Practical tips for full-time working moms
Finally, Lauren has some practical tips for how moms can care for their own well-being in the midst of the demands of full-time work and home life. Every day, she focuses on listening to the physical needs of her body and responding to them, whether that’s fitting in a workout, taking a walk, or even jumping on the trampoline with her kids.
Spiritually, she and her husband prioritize helping the other get away individually twice a year – once in the fall, once in the spring – whether for a quick visit to a dear friend or a silent retreat. These times of solitude offer them both some valuable times of reflection and prayer.
Lauren and her family an example not only of how to manage home life and full-time work, but also, more deeply, how to surrender to the will of God and truly receive His judgement alone as the one that defines us.
As she shared, the most important question for any mother is not what the world around us says is ideal, but rather, “What is God calling you and your family to do?”
Love this. I had never heard of the “sacrament of the present moment” concept but it aligns with my resolution to be where my feet are.
As a full-time working mom who works outside the home 4 days per week and has a long-ish commute, it is so discouraging to constantly see people on the internet condemning me for my choices. Truthfully, I wish I could be home with my children. However, our family needs affordable benefits, and my husband is self-employed. My job is a gift from God and I get to use this gift to help people every day.

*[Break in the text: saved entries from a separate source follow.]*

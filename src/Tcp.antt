-- ===== src/Tcp.antt =====
-- What server.cpp and client.cpp call of the TCP library under src/tcp, a copy of another project's, as
-- an interface: its clients, and its server as a state that each call changes.
use dave_coin.Base.{Bool}
use dave_coin.Bytes.{Bytes}

pub record Tcp : Type 1 where
  -- `Client`, with `getIp()` and `isConnected()`.
  pub Client : Type 0
  pub get_ip : Client → Bytes
  pub is_connected : Client → Bool
  -- `TcpServer`, with `killClient`, `sendToClient` and `sendToAllClients`.
  pub Server : Type 0
  pub kill_client : Server → Client → Server
  pub send_to_client : Server → Client → Bytes → Server
  pub send_to_all_clients : Server → Bytes → Server
  -- `subscribe` of an observer with that `wantedIp`.
  pub subscribe : Server → Bytes → Server
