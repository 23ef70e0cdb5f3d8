-- ===== src/Node.antt =====
-- The state of a node: the global `server` of server.cpp, the global `active_clients` of client.cpp with
-- the threads that are still connecting, and what was printed and sent.
use dave_coin.Base.{true, false, if◌then◌else◌, List, [], ◌∷◌, ◌++◌, Bool}
use dave_coin.Bytes.{Bytes}
use dave_coin.Dict.{same_bytes, Dict}
use dave_coin.Packet.{EncodedPacket}
use dave_coin.Tcp.{Tcp}

-- A line printed on `std::cout` or `std::cerr`.
pub data Notice : Type 0 where
  -- server.cpp
  new_client killed_client server_text : Bytes → Notice
  server_invalid : Notice
  -- client.cpp
  no_connection connected send_failed client_text : Bytes → Notice
  client_block client_invalid client_disconnected : Notice

-- The fields of `NClient` that the code reads and writes again.
pub record NClient : Type 0 where
  pub server_ip : Bytes
  pub alive : Bool

module _ ⦃t : Tcp⦄ where
  -- The queue `messages` is never used, and the miner has no state.
  pub record NServer : Type 0 where
    pub tserver : t.Server
    pub connected_clients : Dict t.Client
    pub client_heartbeats : Dict Bool

  pub record Node : Type 0 where
    pub server : NServer
    pub active_clients : List NClient
    -- Addresses for which a thread runs `initialize_client_connection` and has not connected yet.
    pub connecting : List Bytes
    pub output : List Notice
    -- What was sent to which server.
    pub sent : List (Bytes × EncodedPacket t.Client)

  unfoldable pub print : Notice → Node → Node
  print n node = record node { output = node.output ++ n ∷ [] }

  -- `NodeServer::HasClientWithIP`, on the server's `connected_clients`.
  unfoldable pub has_client_with_ip : Bytes → Dict t.Client → Bool
  has_client_with_ip ip [] = false
  has_client_with_ip ip ((j, client) ∷ rest) =
      if same_bytes j ip then true else has_client_with_ip ip rest
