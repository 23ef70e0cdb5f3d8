-- ===== src/Client.antt =====
-- client.hpp and client.cpp: the servers that this node is connected to, and the messages that come from
-- them.
pub mod Connect
pub mod Dedup
pub mod Effects
pub mod Faults
pub mod Init
pub mod Loops
pub mod Messages
use dave_coin.Base.{suc, ℕ, List, [], ◌∷◌, ◌++◌, Bool, true, false, ◌==◌, if◌then◌else◌}
use dave_coin.Bytes.{Bytes, Outcome, ok, throws, fault}
use dave_coin.Crypto.{Crypto}
use dave_coin.Block.{Block, Garbage}
use dave_coin.Dict.{same_bytes}
use dave_coin.Node.{
  client_disconnected, has_client_with_ip, Node, NClient, print, no_connection, connected,
  client_text, client_block, client_invalid,
}
use dave_coin.Packet.{
  DecodedPacket, read_header, decode_simple_string, decode_mined_block, serialize_client_poke,
  simple_string, mined_block,
}
use dave_coin.Tcp.{Tcp}
use dave_coin.Tx.Input.{TxInput}
use dave_coin.Tx.Output.{TxOutput}

-- The loop over `active_clients` in `ConnectToServer`.
unfoldable pub is_active : Bytes → List NClient → Bool
is_active ip [] = false
is_active ip (ec ∷ rest) = if same_bytes ec.server_ip ip then true else is_active ip rest

-- The thread for `ip` has left `connecting`.
unfoldable pub finished : Bytes → List Bytes → List Bytes
finished ip [] = []
finished ip (j ∷ rest) =
    let others = j ∷ finished ip rest in if same_bytes j ip then rest else others

module _ ⦃t : Tcp⦄ where
  -- `NodeClient::ConnectToServer`: no second connection to an active server, else a new thread.
  unfoldable pub connect_to_server : Bytes → Node → Node
  unfolding is_active
  connect_to_server ip node =
      if is_active ip node.active_clients
      then node
      else record node { connecting = node.connecting ++ ip ∷ [] }

  -- The loop over the lines of peers.dat in `NodeClient::Init`. `busy k` is what the node's other threads do
  -- to it before the line with number `k` reaches `ConnectToServer`, those that earlier lines started too.
  unfoldable pub connect_peers : (ℕ → Node → Node) → List Bytes → Node → Node
  unfolding connect_to_server
  connect_peers busy [] node = node
  connect_peers busy (ip ∷ ips) node =
      connect_peers (λ k. busy (suc k)) ips (connect_to_server ip (busy 0 node))

  -- `initialize_client_connection` up to its threads' loops. `success` is what `connectTo` answers, and
  -- `my_ip` what GetMyIP does.
  unfoldable pub initialize_client_connection : Bool → Bytes → Bytes → Node → Node
  unfolding print finished has_client_with_ip
  initialize_client_connection success my_ip ip node =
      let node' = record node { connecting = finished ip node.connecting } in
      let listening = has_client_with_ip ip node.server.connected_clients in
      let poke = (ip, serialize_client_poke my_ip) ∷ [] in
      if success
      then (let node'' = print (connected ip) node' in
          record node'' {
            active_clients = node''.active_clients ++ record { server_ip = ip; alive = true } ∷ [];
            sent = node''.sent ++ (if listening then [] else poke);
          })
      else print (no_connection ip) node'

  -- `NodeClient::Disconnected`, which the TCP client calls when its connection is closed.
  unfoldable pub disconnected : Node → Node
  unfolding print
  disconnected node = print client_disconnected node

  unfoldable pub show_text : Outcome (DecodedPacket Bytes) → Node → Outcome Node
  unfolding print
  show_text (ok p) node = ok (print (client_text p.payload) node)
  show_text (throws e) node = throws e
  show_text fault node = fault

module _ ⦃t : Tcp⦄ ⦃c : Crypto⦄ where
  unfoldable pub show_block : Outcome (DecodedPacket (Block c.PublicKey)) → Node → Outcome Node
  unfolding print
  show_block (ok p) node = ok (print client_block node)
  show_block (throws e) node = throws e
  show_block fault node = fault

  -- `NodeClient::BroadcastTx`, whose body is empty.
  unfoldable pub broadcast_tx :
      List TxInput → List (TxOutput c.PublicKey) → c.PublicKey → c.PrivateKey → Node → Node
  broadcast_tx inputs outputs public_key private_key node = node

  unfoldable pub dispatch : Garbage → ℕ → Bytes → ℕ → Node → Outcome Node
  unfolding show_text show_block
  dispatch g now packet_raw pt node =
      if pt == simple_string
      then show_text (decode_simple_string packet_raw) node
      else if pt == mined_block
      then show_block (decode_mined_block g now packet_raw) node
      else ok (print client_invalid node)

  abbrev with_type : (ℕ → Outcome Node) → Outcome ℕ → Outcome Node
  with_type f (ok pt) = f pt
  with_type f (throws e) = throws e
  with_type f fault = fault

  -- `NodeClient::ReceiveMessage`.
  unfoldable pub receive_message : Garbage → ℕ → Bytes → Node → Outcome Node
  unfolding dispatch
  receive_message g now packet_raw node =
      with_type (λ pt. dispatch g now packet_raw pt node) (read_header packet_raw)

Yes, it’s still heartbreaking every single day when my kids ask, “Mommy, can you stay home today?”
As of right now, this is where God has me, and I aim to take advantage of that every day at work. But I also work hard to be present when I’m home with them so that I’m able to live out my “real” vocation as a mother.
I do still get upset that the societal norm has shifted to create a need for women in the workforce, but all-in-all, I have a meaningful and engaging career, and for that, I am thankful.
Great series! A few years ago, I discerned that God was calling me to homeschool my three boys. I have always been a stay at home mom and for the past five years, I have been homeschooling. Discerning a path requires great prayer and thought. I think women can fall into a trap of thinking they need or want to have a career, when it can be a distraction of the devil which will take away the priority of raising children and running a household. I think that there are some women who have a true calling from God to work outside the home, but it definitely requires thorough discernment.
I do believe that God gives us a great responsibility to raise and bond with these precious children. They are beautiful human beings and my focus was to spend all the time that I could doing just what God had entrusted to me. The years raising my children go by all too fast. That time with them is something I will never have again and I want to savor it!
Two beautiful comments just before mine of women sharing experiences almost on opposite sides of the spectrum, but not condemning the other, just sharing the unique grace and thankfulness that they have found in each. Very helpful and encouraging to me as a younger lady who hasn’t had to step into this discernment position just yet!